Auditors doubtful GM can survive
White House ‘working around clock’ on problem
Washington Post
Friday, March 06, 2009
Washington —- Auditors for General Motors on Thursday said there is “substantial doubt” that the struggling automaker will remain financially viable and able to continue operating, raising doubts about whether the company will have to declare bankruptcy or can continue to qualify for Treasury Department loans.
The White House said it was “working around the clock” on the problem. News of the audit contributed to a renewed slide on Wall Street. Stocks, which had seen moderate gains Wednesday, fell to a new low for the bear market of 6,594.44, losing 281.40 points, or 4.1 percent.
GM stock, which traded for more than $22 a year ago, closed at $1.86.
The GM auditors’ comments were part of a “going concern” statement included in an annual report filed with the Securities and Exchange Commission.
“The corporation’s recurring losses from operations, stockholders’ deficit, and inability to generate sufficient cash flow to meet its obligations and sustain its operations raise substantial doubt about its ability to continue as a going concern,” auditors Deloitte & Touche wrote in the SEC report.
In Washington, some of GM’s bondholders met Thursday with members of President Barack Obama’s auto industry task force, which is charged with overseeing the restructuring at GM and Chrysler. A White House spokeswoman, Jen Psaki, told reporters that the administration hoped to find a solution soon.
“The administration is very mindful of the challenges in the auto sector,” Psaki told the Reuters news agency. “Our team is working around the clock to develop the most thoughtful approach possible to the situation.”
It was no surprise that auditors would question GM’s viability.
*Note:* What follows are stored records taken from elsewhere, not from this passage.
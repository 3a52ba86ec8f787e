-- ===== src/Server/Control.antt =====
-- src/http_server_impl.cpp: `run` and `stop`, and any sequence of them.
use httpserver_cpp.Base.{
  suc, ◌+◌, ◌-◌, ◌≡◌, refl, sym, subst, ◌≢◌, ◌⊎◌, Bool, true, false, [], ◌∷◌, Option, none, some,
  arith, Option-cases, List-cases, Bool-cases, inl, inr, ◌==◌,
}
use httpserver_cpp.Base.Result.{Exception, runtime_error, system_error}
use httpserver_cpp.Types.{HttpServerOptions}
use httpserver_cpp.Statistics.{zero_statistics}
use httpserver_cpp.Server.{
  HttpServerImpl, Network, first_error, reset_all_http_statistics, do_accept, start, listen, run,
}

-- The options with which a server can run.
pub record IsValid (opts : HttpServerOptions) : Type 0 where
  pub threads : opts.thread_num ≢ 0
  pub size : opts.max_request_size ≢ 0
  pub address : opts.addr ≢ []

-- The network has no error.
pub record IsClear (net : Network) (opts : HttpServerOptions) : Type 0 where
  pub makes : net.makes_address opts.addr ≡ true
  pub opens : net.open_error ≡ none
  pub quiet :
      first_error (net.reuse_error ∷ net.linger_error ∷ net.bind_error ∷ net.listen_error ∷ [])
      ≡ none

module _ {Handler : Type 0} where
  -- What a successful `run` makes of a server.
  unfoldable pub running : HttpServerImpl Handler → HttpServerImpl Handler
  running s = record s {
    http_statistics = zero_statistics;
    stopped = false;
    is_open = true;
    accepts = suc s.accepts;
    io_threads = s.io_threads + (s.opts.thread_num - 1);
    s_id = 0;
  }

  pub run-running :
      (net : Network) (s : HttpServerImpl Handler)
      → IsValid s.opts
      → IsClear net s.opts
      → s.is_open ≡ false
      → run net s ≡ (running s, none)
  unfolding run listen start do_accept reset_all_http_statistics running
  run-running net s v c closed = ground arith

  -- The server with valid options whose acceptor is closed, on a network without errors.
  pub record IsReady (net : Network) (s : HttpServerImpl Handler) : Type 0 where
    pub valid : IsValid s.opts
    pub clear : IsClear net s.opts
    pub closed : s.is_open ≡ false

  -- A failed `run` starts no thread and no accept.
  pub record Refused (net : Network) (s t : HttpServerImpl Handler) : Type 0 where
    pub unready : ¬ IsReady net s
    pub opts_kept : t.opts ≡ s.opts
    pub router_kept : t.router ≡ s.router
    pub accepts_kept : t.accepts ≡ s.accepts
    pub threads_kept : t.io_threads ≡ s.io_threads
    pub closed_kept : t.is_open ≡ false → s.is_open ≡ false
    pub stopped_kept : t.stopped ≡ true → t ≡ s
    pub early : ¬ IsValid s.opts → t ≡ s
    pub late : IsValid s.opts → (t.stopped ≡ false) × (t.http_statistics ≡ zero_statistics)

  -- `run` of a server that is ready puts it to listen; any other `run` throws.
  abbrev pub RunOutcome :
      Network → HttpServerImpl Handler → HttpServerImpl Handler × Option Exception → Type 0
  RunOutcome net s result =
      (IsReady net s × (result ≡ (running s, none)))
      ⊎ ((t : HttpServerImpl Handler) × (e : Exception) × (result ≡ (t, some e)) × Refused net s t)

  -- A failure after the guards.
  late_failure :
      (net : Network) (s : HttpServerImpl Handler) (o : Bool) (e : Exception)
      → (o ≡ false → s.is_open ≡ false)
      → IsValid s.opts
      → ¬ IsReady net s
      → RunOutcome net s (
        record s { http_statistics = zero_statistics; stopped = false; is_open = o; s_id = 0 },
        some e,
      )
  late_failure net s o e keeps v unready = inr (
    _,
    e,
    refl,
    record {
      unready = unready;
      opts_kept = refl;
      router_kept = refl;
      accepts_kept = refl;
      threads_kept = refl;
      closed_kept = keeps;
      stopped_kept = λ p. cc;
      early = λ bad. absurd (bad v);
      late = λ _. (refl, refl);
    },
  )

  early_failure :
      (net : Network) (s : HttpServerImpl Handler) (e : Exception)
      → ¬ IsValid s.opts
      → RunOutcome net s (s, some e)
  early_failure net s e invalid = inr (
    s,
    e,
    refl,
    record {
      unready = λ r. invalid r.valid;
      opts_kept = refl;
      router_kept = refl;
      accepts_kept = refl;
      threads_kept = refl;
      closed_kept = λ p. p;
      stopped_kept = λ _. refl;
      early = λ _. refl;
      late = λ v. absurd (invalid v);
    },
  )

  -- The outcome of what `run` computes to.
  computes :
      (net : Network) (s : HttpServerImpl Handler)
      {result result' : HttpServerImpl Handler × Option Exception}
      → RunOutcome net s result'
      → result ≡ result'
      → RunOutcome net s result
  computes net s outcome e = subst (RunOutcome net s) (sym e) outcome

  listen-Outcome :
      (net : Network) (s : HttpServerImpl Handler)
      → IsValid s.opts
      → RunOutcome net s (listen net (reset_all_http_statistics (record s { s_id = 0 })))
  unfolding listen start do_accept reset_all_http_statistics running
  listen-Outcome net s v = elim (Bool-cases (net.makes_address s.opts.addr)) [
    | inr bad ↦
        computes net s
          (late_failure net s s.is_open system_error (λ p. p) v (λ r. cc (r.clear.makes, bad)))
          (rw bad refl)
    | inl good ↦ elim (Bool-cases s.is_open) [
      | inl open' ↦
          computes net s
            (late_failure net s s.is_open (runtime_error "Already open") (λ p. p) v
              (λ r. cc (r.closed, open')))
            (ground arith)
      | inr closed ↦ elim (Option-cases net.open_error) [
        | inr (m, failed) ↦
            computes net s
              (late_failure net s s.is_open (runtime_error m) (λ p. p) v
                (λ r. cc (r.clear.opens, failed)))
              (ground arith)
        | inl opens ↦
            elim (Option-cases (
              first_error
                (net.reuse_error ∷ net.linger_error ∷ net.bind_error ∷ net.listen_error ∷ []))) [
                  | inr (m, failed) ↦
                      computes net s
                        (late_failure net s true (runtime_error m) (λ p. cc) v
                          (λ r. cc (r.clear.quiet, failed)))
                        (ground arith)
                  | inl quiet ↦
                      computes net s
                        (inl (
                          record {
                            valid = v;
                            clear = record { makes = good; opens = opens; quiet = quiet };
                            closed = closed;
                          },
                          refl,
                        ))
                        (rw (good, closed, opens, quiet) refl)
                ]
      ]
    ]
  ]

  -- On any network: `run` of a server that has valid options and whose acceptor is closed, on a
  -- network without errors, starts to listen, with fresh counters, one accept more, and all threads
  -- but its own. Any other `run` throws and starts neither; with options that are not valid it
  -- leaves the server as it was, and with valid ones it has reset the counters and restarted the
  -- context.
  pub run-Outcome : (net : Network) (s : HttpServerImpl Handler) → RunOutcome net s (run net s)
  unfolding run
  run-Outcome net s = elim (Bool-cases (s.opts.thread_num == 0)) [
    | inl idle ↦
        computes net s
          (early_failure net s (runtime_error "thread count should > 0")
            (λ v. v.threads (ground arith)))
          (rw idle refl)
    | inr busy ↦ elim (Bool-cases (s.opts.max_request_size == 0)) [
      | inl tiny ↦
          computes net s
            (early_failure net s (runtime_error "max request should > 0")
              (λ v. v.size (ground arith)))
            (rw (busy, tiny) refl)
      | inr large ↦ elim (List-cases s.opts.addr) [
        | inl nowhere ↦
            computes net s
              (early_failure net s (runtime_error "addr is empty") (λ v. v.address nowhere))
              (ground arith)
        | inr (c, cs, at) ↦
            computes net s
              (listen-Outcome net s (record {
                threads = λ e. ground arith;
                size = λ e. ground arith;
                address = λ e. cc (e, at);
              }))
              (ground arith)
      ]
    ]
  ]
The Detroit-based behemoth lost $30.9 billion last year, is living on $13.4 billion in government loans, and is seeking up to $30 billion as it tries to survive the worst auto sales climate in 27 years.
But the auditors’ comments are serious because the threshold for raising such concerns is tilted heavily in favor of companies, and often they can negotiate them away, said John Pottow, a University of Michigan Law School professor who specializes in bankruptcy.
“If you get a qualified going concern audit letter like this, that suggests you are in extreme financial distress and very likely may file for bankruptcy,” he said.
U.S. Sen. Charles Grassley of Iowa, the top Republican on the Senate Finance Committee, said the auditors’ concerns mean the government will likely have to provide more help to GM. Grassley called for a “restructured bankruptcy” involving the government.
“It would be a process of bankruptcy but be worked out outside of the court in mutual agreement to bondholders, stockholders, management, in this case, the federal government, because we’ve got a lot invested there, and also the unions,” Grassley said in a conference call with reporters.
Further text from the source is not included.